She nodded, weakly, then rolled her head sideways to look about. Eugene was beside her on a stretcher, being tended to by several EMTs. She could only barely see his face and for a moment she had a strange thought that his face was gone. There were two body bags far to her right, and people were carrying a covered stretcher from the remains of the house. Pain hammered in Therese's skull and she looked away, gasping for air suddenly.
"Don't worry, sweetheart," the voice said. "Everything's all right now." And she laughed, because somehow she knew he was right.
The wind was strong. That's why Therese had decided to do it, to carry all the laundry out to the yard despite the drizzle. It was Casey's turn, really, but she was sweating out a fever in bed, and it wasn't like Casey had ever really done it when it was her turn. It took Therese four tries to get Genie to start his homework, but he finally was.
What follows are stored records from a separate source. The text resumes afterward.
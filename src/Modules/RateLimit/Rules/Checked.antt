-- ===== src/Modules/RateLimit/Rules/Checked.antt =====
-- The bounds of the rules that are read.
use Prim.Native.String.{String, ◌++◌}
use native.Mathlib.Nat.{one-le-mul}
use garcon.Prelude.{
  ℕ, ◌≡◌, ◌≢◌, true, false, Option, none, some, List, [], ◌∷◌, is_empty, ltb, ◌==◌, ◌≤◌, ◌*◌, arith,
  All, ok, throw_if, >>=-eq-ok, throw_if-eq-ok, subst, Bool-cases, inl, inr,
}
use garcon.Text.{Bytes, bytes, int_max, parse_int}
use garcon.Text.Decimal.{parse_int-le}
use garcon.Modules.Config.{classify_target_pattern, parse_config}
use garcon.Modules.Config.Entries.{parse_config-All}
use garcon.Modules.RateLimit.Rules.{
  Rule, parse_positive_int, parse_window_seconds, split_last, unit_of, by_unit, parse_key_spec,
  parse_burst, at_least, parse_rule_fields, parse_rule_line, create_rules,
}

abbrev pub IsRule : Rule → Type 0
IsRule r =
    (1 ≤ r.limit)
    × (r.limit ≤ r.burst)
    × (r.burst ≤ int_max)
    × (1 ≤ r.window_seconds)
    × (r.window_seconds ≤ 1000000000)

parse_positive_int_sound :
    (value : Bytes) (what : String) (n : ℕ)
    → parse_positive_int value what ≡ ok n
    → (1 ≤ n) × (n ≤ int_max)
unfolding parse_positive_int
parse_positive_int_sound value what n h =
    let (u, _, h1) = >>=-eq-ok (throw_if (is_empty value) _) _ h in
    let (v, e, h2) = >>=-eq-ok (parse_int ("rate_limit: invalid " ++ what) 0 value) _ h1 in
    let (w, f, h3) = >>=-eq-ok (throw_if (v == 0) _) _ h2 in
    let positive = throw_if-eq-ok (v == 0) _ f in
    let bound = parse_int-le _ 0 value v (omega arith) e in (ground arith, ground arith)

burst_sound :
    (limit : ℕ) (fields : List Bytes) (n : ℕ)
    → limit ≤ int_max
    → parse_burst limit fields ≡ ok n
    → n ≤ int_max
unfolding parse_burst
burst_sound limit [] n b h = ground arith
burst_sound limit (field ∷ fields) n b h = elim (Bool-cases (is_empty field)) [
  | inl e ↦ let k : ok limit ≡ ok n = rw e at h in ground arith
  | inr e ↦ (parse_positive_int_sound field "burst" n (rw e at h)).1
]

one_of_units : (value front : Bytes) (last : ℕ) → 1 ≤ (by_unit value front last).1
one_of_units value front last = ground arith

unit_positive : (value : Bytes) (o : Option (Bytes × ℕ)) → 1 ≤ (unit_of value o).1
unit_positive value none = omega arith
unit_positive value (some (front, last)) = one_of_units value front last

parse_window_seconds_sound :
    (value : Bytes) (n : ℕ) → parse_window_seconds value ≡ ok n → (1 ≤ n) × (n ≤ 1000000000)
unfolding parse_window_seconds
parse_window_seconds_sound value n h =
    let unit = unit_of value (split_last value) in
    let (u, _, h1) = >>=-eq-ok (throw_if (is_empty value) _) _ h in
    let (seconds, e, h2) = >>=-eq-ok (parse_positive_int unit.0 "window") _ h1 in
    let (w, f, h3) = >>=-eq-ok (throw_if (ltb 1000000000 (seconds * unit.1)) _) _ h2 in
    let small = throw_if-eq-ok (ltb 1000000000 (seconds * unit.1)) _ f in
    let g : seconds * unit.1 ≡ n = cc in
    let p = (parse_positive_int_sound unit.0 "window" seconds e).0 in
    let q = unit_positive value (split_last value) in
    let m : 1 ≤ seconds * unit.1 = one-le-mul p q in (ground arith, ground arith)

at_least_bounds :
    (limit burst : ℕ)
    → limit ≤ int_max
    → burst ≤ int_max
    → (limit ≤ at_least limit burst) × (at_least limit burst ≤ int_max)
at_least_bounds limit burst h k = (ground arith, ground arith)

parse_rule_fields-IsRule :
    (fields : List Bytes) (r : Rule) → parse_rule_fields fields ≡ ok r → IsRule r
unfolding parse_rule_fields
parse_rule_fields-IsRule [] r h = cc
parse_rule_fields-IsRule (a ∷ []) r h = cc
parse_rule_fields-IsRule (a ∷ b ∷ []) r h = cc
parse_rule_fields-IsRule (a ∷ b ∷ c ∷ []) r h = cc
parse_rule_fields-IsRule (a ∷ b ∷ c ∷ e ∷ []) r h = cc
parse_rule_fields-IsRule (method ∷ target ∷ key ∷ limit_field ∷ window ∷ more) r h =
    let (kind, pattern) = classify_target_pattern target in
    let (u, _, h1) = >>=-eq-ok (throw_if (is_empty method) _) _ h in
    let (v, _, h2) = >>=-eq-ok (throw_if (is_empty pattern) _) _ h1 in
    let (spec, _, h3) = >>=-eq-ok (parse_key_spec key) _ h2 in
    let (limit, l, h4) = >>=-eq-ok (parse_positive_int limit_field "limit") _ h3 in
    let (seconds, w, h5) = >>=-eq-ok (parse_window_seconds window) _ h4 in
    let (burst, b, h6) = >>=-eq-ok (parse_burst limit more) _ h5 in
    let (l1, l2) = parse_positive_int_sound limit_field "limit" limit l in
    let (w1, w2) = parse_window_seconds_sound window seconds w in
    let b1 = burst_sound limit more burst l2 b in
    let made : Rule = record {
      method_pattern = method;
      target_pattern = pattern;
      target_kind = kind;
      key_type = spec.0;
      key_name = spec.1;
      limit = limit;
      window_seconds = seconds;
      burst = at_least limit burst;
    } in
    let g : made ≡ r = cc in
    let (b2, b3) = at_least_bounds limit burst l2 b1 in subst IsRule g (l1, b2, b3, w1, w2)

parse_rule_line-IsRule : (line : Bytes) (r : Rule) → parse_rule_line line ≡ ok r → IsRule r
unfolding parse_rule_line
parse_rule_line-IsRule line r h = parse_rule_fields-IsRule _ r h

-- A configuration that is read has at least one rule, and in each rule the limit and the window are
-- at least 1, the burst at least the limit, the window at most 10^9 seconds and all of them an
-- `int`.
pub create_rules-IsRule :
    (config_text : Bytes) (rules : List Rule)
    → create_rules config_text ≡ ok rules
    → (rules ≢ []) × All IsRule rules
unfolding create_rules
create_rules-IsRule config_text rules h =
    let (parsed, e, h1) =
      >>=-eq-ok (parse_config (bytes "rule=") parse_rule_line config_text) _ h in
    let (u, f, h2) = >>=-eq-ok (throw_if (is_empty parsed) _) _ h1 in
    let g : parsed ≡ rules = cc in
    let some_rule = throw_if-eq-ok (is_empty parsed) _ f in
    subst (λ rs. (rs ≢ []) × All IsRule rs) g
      (
        λ n. (let k : true ≡ false = rw n at some_rule in cc),
        parse_config-All (bytes "rule=") parse_rule_line IsRule parse_rule_line-IsRule config_text
            parsed e,
      )
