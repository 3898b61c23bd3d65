-- ===== src/Modules/RateLimit/Rules/Tests.antt =====
-- Rules as a configuration gives them.
use garcon.Prelude.{◌≡◌, ◌≢◌, refl, List, [], ◌∷◌, All, ok}
use garcon.Text.{
  Bytes, bytes, equal, has, pieces, trim, trim_by, is_space, starts_with, split_fields, is_digit,
  parse_int,
}
use garcon.Modules.Config.{
  prefix, exact, is_keyword_line, parse_each, parse_config, classify_target_pattern,
}
use garcon.Modules.RateLimit.Rules.{
  Rule, global, header, parse_positive_int, split_last, parse_window_seconds, parse_key_spec,
  parse_burst, parse_rule_fields, parse_rule_line, create_rules,
}
use garcon.Modules.RateLimit.Rules.Checked.{IsRule, create_rules-IsRule}

abbrev config_text : Bytes
config_text = bytes "rule=*|/api/*|header:X-Key|5|2m\nrule=GET|/|global|3|10|1"

abbrev rules_read : List Rule
rules_read =
    record {
      method_pattern = bytes "*";
      target_pattern = bytes "/api/";
      target_kind = prefix;
      key_type = header;
      key_name = bytes "X-Key";
      limit = 5;
      window_seconds = 120;
      burst = 5;
    }
    ∷ record {
      method_pattern = bytes "GET";
      target_pattern = bytes "/";
      target_kind = exact;
      key_type = global;
      key_name = [];
      limit = 3;
      window_seconds = 10;
      burst = 3;
    }
    ∷ []

created : create_rules config_text ≡ ok rules_read
unfolding create_rules parse_rule_line parse_rule_fields parse_positive_int split_last
    parse_window_seconds parse_key_spec parse_burst parse_config parse_each is_keyword_line
    classify_target_pattern pieces trim trim_by is_space starts_with split_fields equal has
    parse_int is_digit
created = refl

create_rules-IsRule_example : (rules_read ≢ []) × All IsRule rules_read
create_rules-IsRule_example = create_rules-IsRule config_text rules_read created
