-- ===== src/Modules/RateLimit/Tests.antt =====
-- Two rules, with thousandths for `double` and a clock that ticks in thousandths of a second.
use garcon.Prelude.{
  ℕ, suc, ◌+◌, ◌-◌, ◌*◌, ◌/◌, ◌≡◌, refl, true, false, none, [], ◌∷◌, ltb, leb, ok, arith, ◌≤◌, ◌<◌,
}
use garcon.Prelude.Integers.{pos}
use garcon.Text.{bytes, equal, int_max, to_string, ascii_lowercase, ascii_lower}
use garcon.Text.Map.{find, put}
use garcon.Http.Request.{Request}
use garcon.Modules.Config.{prefix, method_matches, target_matches}
use garcon.Modules.RateLimit.{
  Doubles, TokenBucket, Store, make_state_key, filled, refilled, consume, check_and_consume,
  allowed_reply, extract_subject, rule_applies, handle_from, handle, reply_of,
}
use garcon.Modules.RateLimit.Rules.{Rule, header}
use garcon.Modules.RateLimit.Buckets.{check_and_consume-other, serve, granted, serve-granted}

abbrev thousandths : Doubles
thousandths = record {
  Double = ℕ;
  of_int = λ n. n * 1000;
  plus = λ a b. a + b;
  minus = λ a b. a - b;
  times = λ a b. a * b / 1000;
  over = λ a b. a * 1000 / b;
  less = λ a b. ltb a b;
  not_below = λ a b. leb b a;
  to_int = λ a. pos (a / 1000);
  seconds_between = λ a b. b - a;
  almost_one = 999;
}

abbrev two_at_once : Rule
two_at_once = record {
  method_pattern = bytes "*";
  target_pattern = bytes "/api/";
  target_kind = prefix;
  key_type = header;
  key_name = bytes "X-Key";
  limit = 1;
  window_seconds = 1;
  burst = 2;
}

abbrev asked : Request
asked = record {
  method = bytes "GET";
  target = bytes "/api/a";
  version_major = 1;
  version_minor = 1;
  headers = record { name = bytes "x-key"; value = bytes "k" } ∷ [];
}

still : (t : ℕ) → ltb (0 * 1000) (t - t) ≡ false
still t = ground arith

compared : (n : ℕ) → n ≤ int_max → leb (1 * 1000) (n * 1000) ≡ leb 1 n
compared n h = ground arith

decremented : (n : ℕ) → n < int_max → suc n * 1000 - 1 * 1000 ≡ n * 1000
decremented n h = omega arith

serve-granted_example :
    serve thousandths still compared decremented two_at_once 7 (omega arith) 0 (bytes "k") 3 []
    ≡ ok (granted 3 2)
unfolding find
serve-granted_example =
    serve-granted thousandths still compared decremented two_at_once 7 (omega arith) 0 (bytes "k") 3
      [] (omega arith) refl

three_answers : granted 3 2 ≡ true ∷ true ∷ false ∷ []
unfolding granted
three_answers = refl

abbrev after_one : Store thousandths
after_one = (bytes "0:k", record { tokens = 1000; last_refill = 7 }) ∷ []

first_checked : check_and_consume thousandths two_at_once 0 (bytes "k") 7 [] ≡ ok (none, after_one)
unfolding check_and_consume consume refilled filled make_state_key find put equal to_string
first_checked = refl

check_and_consume-other_example :
    find {A = TokenBucket thousandths} (make_state_key 1 (bytes "k")) after_one
    ≡ find (make_state_key 1 (bytes "k")) []
check_and_consume-other_example =
    check_and_consume-other thousandths two_at_once 0 (bytes "k") 7 [] after_one none 1 (bytes "k")
      first_checked (λ e. cc)

allowed :
    handle thousandths (two_at_once ∷ []) 7 [] asked
    ≡ ok (allowed_reply thousandths two_at_once 1, after_one)
unfolding handle handle_from reply_of rule_applies extract_subject check_and_consume consume
    refilled filled make_state_key find put equal to_string method_matches target_matches
    ascii_lowercase ascii_lower
allowed = refl
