-- ===== src/Modules/Routes.antt =====
-- The routes of lib/route_table and lib/router: route_table_module.cpp and router_module.cpp read
-- them with the same code, but for the module's name in the messages.
pub mod Read
use Prim.Native.String.{String, ◌++◌}
use garcon.Prelude.{
  ℕ, Bool, true, false, Option, none, some, List, [], ◌∷◌, is_empty, drop, length, not, Result, ok,
  throw, throw_if, ◌>>=◌, ◌>>◌, if◌then◌else◌,
}
use garcon.Text.{Bytes, bytes, equal, split_fields}
use garcon.Http.Response.{Response, default_response}
use garcon.Modules.Abi.{Outcome, pass, respond, upgrade, error}
use garcon.Modules.Config.{
  PatternKind, exact, prefix, classify_target_pattern, case_of, parse_status_code, parse_config,
}

pub record RouteEntry : Type 0 where
  pub method_pattern : Bytes
  pub target_pattern : Bytes
  pub target_kind : PatternKind
  pub outcome : Outcome
  pub response : Option Response

unfoldable pub reason_phrase_for_status : ℕ → Bytes
unfolding case_of
reason_phrase_for_status status =
    case_of status
      ((200, bytes "OK")
        ∷ (201, bytes "Created")
        ∷ (202, bytes "Accepted")
        ∷ (204, bytes "No Content")
        ∷ (400, bytes "Bad Request")
        ∷ (401, bytes "Unauthorized")
        ∷ (403, bytes "Forbidden")
        ∷ (404, bytes "Not Found")
        ∷ (405, bytes "Method Not Allowed")
        ∷ (409, bytes "Conflict")
        ∷ (429, bytes "Too Many Requests")
        ∷ (500, bytes "Internal Server Error")
        ∷ (501, bytes "Not Implemented")
        ∷ (503, bytes "Service Unavailable")
        ∷ [])
      (bytes "OK")

-- `fields[3]` to `fields[5]`, where there are six fields.
unfoldable pub parse_respond : String → RouteEntry → List Bytes → Result RouteEntry
parse_respond name entry (status ∷ content_type ∷ body ∷ []) = do
  code ← parse_status_code name status
  ok (record entry {
    outcome = respond;
    response = some (record default_response {
      status = code;
      reason = reason_phrase_for_status code;
      content_type = content_type;
      body = body;
    });
  })
parse_respond name entry more = throw (name ++ "respond route requires 6 fields")

-- `fields[2]` is the action. Fields behind the action of a pass are not looked at.
unfoldable pub parse_action : String → RouteEntry → Bytes → List Bytes → Result RouteEntry
parse_action name entry action more =
    if equal action (bytes "pass")
    then ok (record entry { outcome = pass })
    else (throw_if (not (equal action (bytes "respond"))) (name ++ "unsupported route action")
        >> parse_respond name entry more)

unfoldable pub parse_route_fields : String → List Bytes → Result RouteEntry
parse_route_fields name (method ∷ target ∷ action ∷ more) =
    let (kind, pattern) = classify_target_pattern target in
    do
      throw_if (is_empty method) (name ++ "route method pattern must not be empty")
      throw_if (is_empty pattern) (name ++ "route target pattern must not be empty")
      parse_action name
          (record {
            method_pattern = method;
            target_pattern = pattern;
            target_kind = kind;
            outcome = pass;
            response = none;
          })
          action more
parse_route_fields name fields = throw (name ++ "route requires at least 3 fields")

unfoldable pub parse_route_line : String → Bytes → Result RouteEntry
parse_route_line name line = parse_route_fields name (split_fields (drop 6 line) b'|')

unfoldable pub parse_routes : String → Bytes → Result (List RouteEntry)
parse_routes name config_text = parse_config (bytes "route=") (parse_route_line name) config_text
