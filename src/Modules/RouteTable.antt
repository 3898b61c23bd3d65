-- ===== src/Modules/RouteTable.antt =====
-- route_table_module.cpp: the first route that matches answers.
pub mod Answers
mod Tests
use garcon.Prelude.{
  Bool, true, false, ◌&&◌, Option, none, some, List, if◌then◌else◌, Result, ok, ◌>>=◌,
}
use garcon.Text.{Bytes}
use garcon.Http.Request.{Request}
use garcon.Http.Response.{Response}
use garcon.Modules.Abi.{
  Outcome, pass, respond, upgrade, error, Reply, Module, pass_reply, respond_reply, error_reply,
}
use garcon.Modules.Config.{method_matches, target_matches, first_reply}
use garcon.Modules.Routes.{RouteEntry, parse_routes}

-- A route that is not a pass, by the response that it holds.
abbrev pub stored_reply : Option Response → Reply
stored_reply none = error_reply
stored_reply (some r) = respond_reply r

abbrev pub outcome_reply : Outcome → Option Response → Reply
outcome_reply pass response = pass_reply
outcome_reply _ response = stored_reply response

pub route_matches : Request → RouteEntry → Bool
route_matches request route =
    method_matches route.method_pattern request.method
    && target_matches route.target_kind route.target_pattern request.target

-- The body of the loop; where it gives nothing, it continues.
pub route_step : Request → RouteEntry → Option Reply
route_step request route =
    if route_matches request route then some (outcome_reply route.outcome route.response) else none

pub handle : List RouteEntry → Module
handle routes request = ok (first_reply (route_step request) routes)

-- The constructor: what `garcon_module_create` makes of the configuration.
pub create : Bytes → Result Module
create config_text = parse_routes "route_table: " config_text >>= λ routes. ok (handle routes)
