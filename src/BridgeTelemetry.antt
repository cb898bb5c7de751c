-- ===== src/BridgeTelemetry.antt =====
-- src/bridge_telemetry.h and src/bridge_telemetry.c: the snapshot of the bridge's health. A pointer
-- argument is an `Option`, with `none` for null. int64_t times are integers; those of `k_uptime_get`
-- are not negative.
pub mod Snapshots
pub mod Polling
pub mod Live
mod Tests
use esp_nmea_bridge_zephyr.Base.{
  ℕ, ◌-◌, ◌^◌, Bool, true, false, not, ◌||◌, Option, none, some, if◌then◌else◌, ltb, ◌==◌,
}
use esp_nmea_bridge_zephyr.Base.Int.{ℤ, pos, negsuc, ◌-ℤ◌, leb_ℤ, eqb_ℤ}
use esp_nmea_bridge_zephyr.NmeaBridge.{BridgeStats}
use esp_nmea_bridge_zephyr.UartNmea.{UartStats}

pub data ConnectionState : Type 0 where
  disconnected connected : ConnectionState

pub data InputState : Type 0 where
  idle active : InputState

-- `struct bridge_telemetry_counters`
pub record Counters : Type 0 where
  pub uart_bytes_rx : ℕ
  pub uart_lines_rx : ℕ
  pub uart_overlong_lines : ℕ
  pub bridge_frames_in : ℕ
  pub bridge_ingest_dropped_oldest : ℕ
  pub bridge_sink_dropped_oldest : ℕ
  pub bridge_publish_no_sinks : ℕ
  pub bridge_publish_invalid : ℕ
  pub bridge_publish_oversize : ℕ
  pub tcp_nmea_active_sessions : ℕ
  pub tcp_server_active_clients : ℕ
  pub tcp_server_max_clients : ℕ

pub record Warnings : Type 0 where
  pub data_quality : Bool
  pub frame_loss : Bool

-- `struct bridge_telemetry_snapshot`
pub record Snapshot : Type 0 where
  pub connection_state : ConnectionState
  pub input_state : InputState
  pub warnings : Warnings
  pub sta_ready : Bool
  pub counters : Counters

-- `struct bridge_telemetry_inputs`
pub record Inputs : Type 0 where
  pub uart_bytes_rx : ℕ
  pub uart_lines_rx : ℕ
  pub uart_overlong_lines : ℕ
  pub bridge_frames_in : ℕ
  pub bridge_ingest_dropped_oldest : ℕ
  pub bridge_sink_dropped_oldest : ℕ
  pub bridge_publish_no_sinks : ℕ
  pub bridge_publish_invalid : ℕ
  pub bridge_publish_oversize : ℕ
  pub tcp_nmea_active_sessions : ℕ
  pub tcp_server_active_clients : ℕ
  pub tcp_server_max_clients : ℕ
  pub sta_ready : Bool

-- `struct bridge_telemetry_state`
pub record TelemetryState : Type 0 where
  pub last_bridge_frames_in : ℕ
  pub last_bridge_frame_ms : ℤ
  pub initialized : Bool

abbrev pub int64_min : ℤ
int64_min = negsuc (2 ^ 63 - 1)

abbrev pub nmea_input_window_ms : ℕ
nmea_input_window_ms = 5000

-- The static variable before the first snapshot.
abbrev pub no_state : TelemetryState
no_state = record { last_bridge_frames_in = 0; last_bridge_frame_ms = pos 0; initialized = false }

unfoldable pub copy_counters : Inputs → Counters
copy_counters i = record {
  uart_bytes_rx = i.uart_bytes_rx;
  uart_lines_rx = i.uart_lines_rx;
  uart_overlong_lines = i.uart_overlong_lines;
  bridge_frames_in = i.bridge_frames_in;
  bridge_ingest_dropped_oldest = i.bridge_ingest_dropped_oldest;
  bridge_sink_dropped_oldest = i.bridge_sink_dropped_oldest;
  bridge_publish_no_sinks = i.bridge_publish_no_sinks;
  bridge_publish_invalid = i.bridge_publish_invalid;
  bridge_publish_oversize = i.bridge_publish_oversize;
  tcp_nmea_active_sessions = i.tcp_nmea_active_sessions;
  tcp_server_active_clients = i.tcp_server_active_clients;
  tcp_server_max_clients = i.tcp_server_max_clients;
}

-- The statistics of the other parts, as `collect_inputs` copies them.
unfoldable pub collect_inputs : UartStats → BridgeStats → ℕ → ℕ → ℕ → Bool → Inputs
collect_inputs uart bridge active_clients max_clients active_sessions sta_ready = record {
  uart_bytes_rx = uart.bytes_rx;
  uart_lines_rx = uart.lines_rx;
  uart_overlong_lines = uart.overlong_lines;
  bridge_frames_in = bridge.frames_in;
  bridge_ingest_dropped_oldest = bridge.ingest_dropped_oldest;
  bridge_sink_dropped_oldest = bridge.sink_dropped_oldest;
  bridge_publish_no_sinks = bridge.publish_no_sinks;
  bridge_publish_invalid = bridge.publish_invalid;
  bridge_publish_oversize = bridge.publish_oversize;
  tcp_nmea_active_sessions = active_sessions;
  tcp_server_active_clients = active_clients;
  tcp_server_max_clients = max_clients;
  sta_ready = sta_ready;
}

-- The update of `*state`, the first half of `bridge_telemetry_build_snapshot`.
unfoldable pub note_frames : TelemetryState → Inputs → ℤ → TelemetryState
note_frames state inputs now_ms =
    if not state.initialized
    then record {
      last_bridge_frames_in = inputs.bridge_frames_in;
      last_bridge_frame_ms = if ltb 0 inputs.bridge_frames_in then now_ms else int64_min;
      initialized = true;
    }
    else if not (inputs.bridge_frames_in == state.last_bridge_frames_in)
    then record state {
      last_bridge_frames_in = inputs.bridge_frames_in;
      last_bridge_frame_ms = now_ms;
    }
    else state

-- What it writes to `*snapshot`, from the updated state.
unfoldable pub snapshot_of : TelemetryState → Inputs → ℤ → Snapshot
unfolding copy_counters
snapshot_of state inputs now_ms = record {
  connection_state = if ltb 0 inputs.tcp_nmea_active_sessions then connected else disconnected;
  input_state =
      if eqb_ℤ state.last_bridge_frame_ms int64_min
      then idle
      else if leb_ℤ (now_ms -ℤ state.last_bridge_frame_ms) (pos nmea_input_window_ms)
      then active
      else idle;
  warnings = record {
    data_quality =
        ltb 0 inputs.uart_overlong_lines
        || ltb 0 inputs.bridge_publish_invalid
        || ltb 0 inputs.bridge_publish_oversize;
    frame_loss =
        ltb 0 inputs.bridge_ingest_dropped_oldest || ltb 0 inputs.bridge_sink_dropped_oldest;
  };
  sta_ready = inputs.sta_ready;
  counters = copy_counters inputs;
}

-- The last clause stands for the null pointers.
unfoldable pub build_snapshot :
    Option TelemetryState
    → Option Inputs
    → ℤ
    → Option Snapshot
    → Option TelemetryState × Option Snapshot
unfolding note_frames snapshot_of
build_snapshot (some state) (some inputs) now_ms (some snapshot) =
    let state' = note_frames state inputs now_ms in
    (some state', some (snapshot_of state' inputs now_ms))
build_snapshot state inputs now_ms snapshot = (state, snapshot)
The laundry was almost dry and the rain had stopped, and Therese was digging through the wood pile. The flask was still buried right where she left it, and she stepped behind the flapping sheets, sat down and took a swig. Mama was away in Wilmington with that guy, with Bobby or Billy or Benny or something else stupid like that. He refused to come to the house anymore, he said there was something wrong with them, "wrong with the damn kids", and Therese had smiled as she listened to all of it.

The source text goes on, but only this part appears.